Oct. 6 (Bloomberg) -- Facebook Inc., operator of the world’s largest social network, plans to reduce by half a $3 billion credit line due to a decline in its tax liability, a person familiar with the matter said yesterday.
The Menlo Park, California-based company also plans to extend the term of the loan to three years from one year, said the person, who asked not to be named because the matter is private.
Facebook said in March that it secured a $3 billion 364-day bridge loan to fund taxes for employees who exercise their restricted stock units. It also lined up a $5 billion five-year revolving line of credit ahead of its initial public offering in May, according to a filing.

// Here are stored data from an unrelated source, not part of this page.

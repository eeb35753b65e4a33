-- ===== src/Race/Slots.antt =====
-- What the slots of race_record_extack say of the messages that were recorded.
use gatebench.Base.{
  ℕ, suc, ◌+◌, ◌%◌, ◌<◌, ◌^◌, ◌≡◌, ◌∙◌, refl, ap, sym, subst, Bool, true, false, ◌||◌, ◌&&◌, none,
  some, List, [], ◌∷◌, u64_mod, ltb, ◌==◌, if◌then◌else◌, str_eq, str_eq_sound, str_eq_refl, length,
  arith, Bool-cases, ◌⊎◌, inl, inr,
}
use gatebench.Base.Libc.{Bytes}
use gatebench.Race.Extack.{ExtackEntry, holds, count_again}

-- How often a message was recorded.
abbrev pub occurrences : Bytes → List Bytes → ℕ
occurrences k [] = 0
occurrences k (m ∷ h) = (if str_eq k m then 1 else 0) + occurrences k h

abbrev pub counts : List ExtackEntry → ℕ
counts [] = 0
counts (e ∷ es) = e.count + counts es

abbrev pub held : Bytes → List ExtackEntry → Bool
held k [] = false
held k (e ∷ es) = holds k e || held k es

abbrev pub free : List ExtackEntry → Bool
free [] = false
free (e ∷ es) = (e.count == 0) || free es

-- Each slot in use counts its message as f does.
abbrev pub AreExact : (Bytes → ℕ) → List ExtackEntry → Type 0
AreExact f [] = Unit
AreExact f (e ∷ es) = (ltb 0 e.count ≡ true → e.count ≡ f e.msg) × AreExact f es

-- No two slots in use hold the same message.
abbrev pub AreDistinct : List ExtackEntry → Type 0
AreDistinct [] = Unit
AreDistinct (e ∷ es) = (ltb 0 e.count ≡ true → held e.msg es ≡ false) × AreDistinct es

abbrev pub more : Bytes → (Bytes → ℕ) → Bytes → ℕ
more msg f k = (if str_eq k msg then 1 else 0) + f k

pub or_false : (a b : Bool) → (a || b) ≡ false → (a ≡ false) × (b ≡ false)
or_false true b e = cc
or_false false b e = (refl, e)

pub and_false : (a b : Bool) → a ≡ true → (a && b) ≡ false → b ≡ false
and_false true b h e = e
and_false false b h e = cc

pub and_true : (a b : Bool) → (a && b) ≡ true → (a ≡ true) × (b ≡ true)
and_true true b e = (refl, e)
and_true false b e = cc

pub str_eq_comm : (a b : Bytes) → str_eq a b ≡ false → str_eq b a ≡ false
str_eq_comm a b e = elim (Bool-cases (str_eq b a)) [
  | inl h ↦
      absurd
        (false_true (sym e ∙ (subst (λ k. str_eq k b ≡ true) (str_eq_sound b a h) (str_eq_refl b))))
  | inr h ↦ h
]
  where
    false_true : false ≡ true → ⊥
    false_true h = cc

pub head-unaffected :
    (msg : Bytes) (f : Bytes → ℕ) (e : ExtackEntry)
    → holds msg e ≡ false
    → (ltb 0 e.count ≡ true → e.count ≡ f e.msg)
    → ltb 0 e.count ≡ true
    → e.count ≡ more msg f e.msg
head-unaffected msg f e n x used =
    rw (and_false (ltb 0 e.count) (str_eq e.msg msg) used n) (omega (arith, x used))

pub unaffected :
    (msg : Bytes) (f : Bytes → ℕ) (es : List ExtackEntry)
    → held msg es ≡ false
    → AreExact f es
    → AreExact (more msg f) es
unaffected msg f [] n x = tt
unaffected msg f (e ∷ es) n x =
    let (here, there) = or_false (holds msg e) (held msg es) n in
    (head-unaffected msg f e here x.0, unaffected msg f es there x.1)

pub record IsCounted (msg : Bytes) (f : Bytes → ℕ) (es es' : List ExtackEntry) : Type 0 where
  pub pass : count_again msg es ≡ some es'
  pub was_held : held msg es ≡ true
  pub exact : AreExact (more msg f) es'
  pub distinct : AreDistinct es'
  pub one_more : counts es' ≡ counts es + 1
  pub same_length : length es' ≡ length es
  pub same_free : free es' ≡ free es
  pub same_held : (k : Bytes) → held k es' ≡ held k es

Ishere-IsCounted :
    (msg : Bytes) (f : Bytes → ℕ) (e : ExtackEntry) (es : List ExtackEntry)
    → holds msg e ≡ true
    → AreExact f (e ∷ es)
    → AreDistinct (e ∷ es)
    → counts (e ∷ es) + 1 < 2 ^ 64
    → IsCounted msg f (e ∷ es) (record e { count = (e.count + 1) % u64_mod } ∷ es)
unfolding count_again
Ishere-IsCounted msg f e es h x d small =
    let (used, same) = and_true (ltb 0 e.count) (str_eq e.msg msg) h in
    let others : held msg es ≡ false =
      subst (λ k. held k es ≡ false) (str_eq_sound e.msg msg same) (d.0 used) in
    let next : (e.count + 1) % u64_mod ≡ e.count + 1 = omega arith in
    let still : ltb 0 ((e.count + 1) % u64_mod) ≡ true = ground (arith, next) in
    record {
      pass = rw h refl;
      was_held = rw h refl;
      exact = (λ k. rw (next, same) (omega (arith, x.0 used)), unaffected msg f es others x.1);
      distinct = (λ k. d.0 used, d.1);
      one_more = omega (arith, next);
      same_length = refl;
      same_free = ground (arith, next, used);
      same_held = λ k. rw (still, used) refl;
    }

Isthere-IsCounted :
    (msg : Bytes) (f : Bytes → ℕ) (e : ExtackEntry) (es es' : List ExtackEntry)
    → holds msg e ≡ false
    → (ltb 0 e.count ≡ true → e.count ≡ f e.msg)
    → (ltb 0 e.count ≡ true → held e.msg es ≡ false)
    → IsCounted msg f es es'
    → IsCounted msg f (e ∷ es) (e ∷ es')
unfolding count_again
Isthere-IsCounted msg f e es es' n x d c = record {
  pass = rw (n, c.pass) refl;
  was_held = rw (n, c.was_held) refl;
  exact = (head-unaffected msg f e n x, c.exact);
  distinct = (λ used. c.same_held e.msg ∙ d used, c.distinct);
  one_more = omega (arith, c.one_more);
  same_length = ap suc c.same_length;
  same_free = ap (λ b. (e.count == 0) || b) c.same_free;
  same_held = λ k. ap (λ b. holds k e || b) (c.same_held k);
}

abbrev pub IsPassed : Bytes → (Bytes → ℕ) → List ExtackEntry → Type 0
IsPassed msg f es =
    ((count_again msg es ≡ none) × (held msg es ≡ false))
    ⊎ ((es' : List ExtackEntry) × IsCounted msg f es es')

pub count_again_cases :
    (msg : Bytes) (f : Bytes → ℕ) (es : List ExtackEntry)
    → AreExact f es
    → AreDistinct es
    → counts es + 1 < 2 ^ 64
    → IsPassed msg f es
unfolding count_again
count_again_cases msg f [] x d small = inl (refl, refl)
count_again_cases msg f (e ∷ es) x d small = elim (Bool-cases (holds msg e)) [
  | inl h ↦
      inr
        (record e { count = (e.count + 1) % u64_mod } ∷ es, Ishere-IsCounted msg f e es h x d small)
  | inr n ↦ elim (count_again_cases msg f es x.1 d.1 (omega arith)) [
    | inl (q, k) ↦ inl (rw (n, q) refl, rw (n, k) refl)
    | inr (es', c) ↦ inr (e ∷ es', Isthere-IsCounted msg f e es es' n x.0 d.0 c)
  ]
]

Facebook’s tax obligations are now lower than it had expected because the value of its shares has fallen 45 percent since the IPO. The financing was arranged by banks including JPMorgan Chase & Co., Morgan Stanley, and Goldman Sachs Group Inc.
Ashley Zandy, a spokeswoman for Facebook, and Pen Pendleton, a spokesman for Morgan Stanley, declined to comment yesterday, as did Michael DuVally, a spokesman for Goldman Sachs, and Jennifer Zuccarelli, a spokeswoman for JPMorgan.
The Wall Street Journal reported earlier yesterday that Facebook planned to reduce its credit line and extend the duration of its term.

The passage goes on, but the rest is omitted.